How Close Does It Have to Get? The Open Space of Democracy | Terry Tempest Williams
In her writing and her life, Terry Tempest Williams expresses something better and higher in each of us. Here she wrestles with the question: “What are you willing to die for?” She weaves stories of personal loss and triumph that illuminate the idea that, perhaps, in the end, democracy is about listening – deeply, openly, even with a broken heart. Because, she says, the heart is the first home of democracy.
Terry Tempest Williams is a best-selling author, conservationist and activist. A native of Utah, her writing is rooted in the American West and ranges from issues of wilderness conservation, to women’s health, to exploring our relationship to culture and our natural landscape. To learn more about her work, visit her website: http://www.coyoteclan.com/
The End of Sustainability: The Environment as a Human Right | Paul Hawken
A healthy environment is not just a biological issue, but also a fundamental human right. Acclaimed social entrepreneur and author Paul Hawken proposes that we need to go far beyond “sustainability” as a guiding principle and dare to create a restorative economic system founded in social equity and power for all.
To find out more about what Paul Hawken is doing, visit his website.
Connecting the Drops: Restoring Ecology and Social Ecology in Los Angeles | Andy Lipkis
Could Los Angeles stop draining water from the Colorado River and the Sacramento Delta to become self-sufficient? That’s a question that Andy Lipkis and his organization Tree People are tackling in an unprecedented alliance with public works agencies. Their work proves that the more we learn about how ecosystems operate, the more sustainably we can design our cities.

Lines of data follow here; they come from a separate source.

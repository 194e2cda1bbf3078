-- ===== src/Base/Text.antt =====
-- Python's tests on `str`: truth, and emptiness after `strip()`.
use Prim.Native.Nat.{ℕ, zero, suc}
use Prim.Native.Char.{code}
use Prim.Native.String.{String, ◌++◌}
use mathlib.Core.List.{List, [], ◌∷◌}
use mathlib.Core.Path.{◌≡◌, refl}
use mathlib.Core.Bool.{Bool, true, false, ◌&&◌, ◌||◌}
use mathlib.Core.Option.{Option, none, some}
use text.Mathlib.Text.{◌==◌}
use text.Mathlib.TextEquality.{eq_iff}
use ai_factory.Base.Tests.{leb, eqb}

-- `not s` for a text.
abbrev pub is_empty : String → Bool
is_empty String.[] = true
is_empty (String.◌∷◌ c s) = false

-- The code points that `str.strip` removes.
unfoldable pub is_space : ℕ → Bool
is_space n =
    (leb 9 n && leb n 13)
    || (leb 28 n && leb n 32)
    || eqb n 0x85
    || eqb n 0xa0
    || eqb n 0x1680
    || (leb 0x2000 n && leb n 0x200a)
    || eqb n 0x2028
    || eqb n 0x2029
    || eqb n 0x202f
    || eqb n 0x205f
    || eqb n 0x3000

-- `not s.strip()`.
unfoldable pub is_blank : String → Bool
unfolding is_space
is_blank String.[] = true
is_blank (String.◌∷◌ c s) = is_space (code c) && is_blank s

-- `not s` for an optional text: `None` and the empty text are false.
abbrev pub is_absent : Option String → Bool
is_absent none = true
is_absent (some s) = is_empty s

-- `not s or not s.strip()` for an optional text.
abbrev pub is_absent_or_blank : Option String → Bool
is_absent_or_blank none = true
is_absent_or_blank (some s) = is_blank s

pub String-discrete : Discrete String
String-discrete s t = go (s == t) (λ h. (eq_iff s t).0 h) (λ e. (eq_iff s t).1 e)
  where
    go : (b : Bool) → (b ≡ true → s ≡ t) → (s ≡ t → b ≡ true) → Dec (s ≡ t)
    go true f g = yes (f refl)
    go false f g = no (λ e. (cc (g e)))

-- `separator.join(parts)`
unfoldable pub joined : String → List String → String
joined separator [] = ""
joined separator (s ∷ []) = s
joined separator (s ∷ t ∷ rest) = s ++ separator ++ joined separator (t ∷ rest)

-- `s[:n]`
unfoldable pub text_prefix : ℕ → String → String
text_prefix zero s = ""
text_prefix (suc n) String.[] = ""
text_prefix (suc n) (String.◌∷◌ c s) = String.◌∷◌ c (text_prefix n s)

War, Earth and the Soul: The Warrior’s Path of Redemption | Edward Tick
Is high-tech war that can annihilate human civilization and nature on a global scale really a viable response to conflict in the 21st century? The traumatic wounding of war is so deep that it calls for more than antidepressants or stress management. Dr. Edward Tick’s heart-rending experience shows us that transforming the demons of war can lead to a redemptive path of healing and reverence for life.
Daughters of Thoreau: Not Too Well Behaved | Julia Butterfly Hill, Diane Wilson, and Terri Swearingen
On his deathbed Henry David Thoreau said his only regret was being too well behaved. Julia Butterfly Hill, Diane Wilson and Terri Swearingen, three of the most imaginative, inspiring and courageous direct action heroines of our era share their experiences and show us how courage and commitment can stop mountains from being moved.
True Biotechnologies: Nature’s Best Climate Change Solutions | Janine Benyus, Stephan Dewar, David Orr and Jay Harman
Some of the best minds on the planet are busy cataloguing possible solutions to the crisis of climate chaos. Scientists, entrepreneurs and educators on technology’s cutting edge offer a broad array of bio-based solutions that are already working to transition us to a truly sustainable civilization. Biomimics Janine Benyus, Stephan Dewar, David Orr and Jay Harman offer a smorgasbord of startling solutions based on nature’s genius.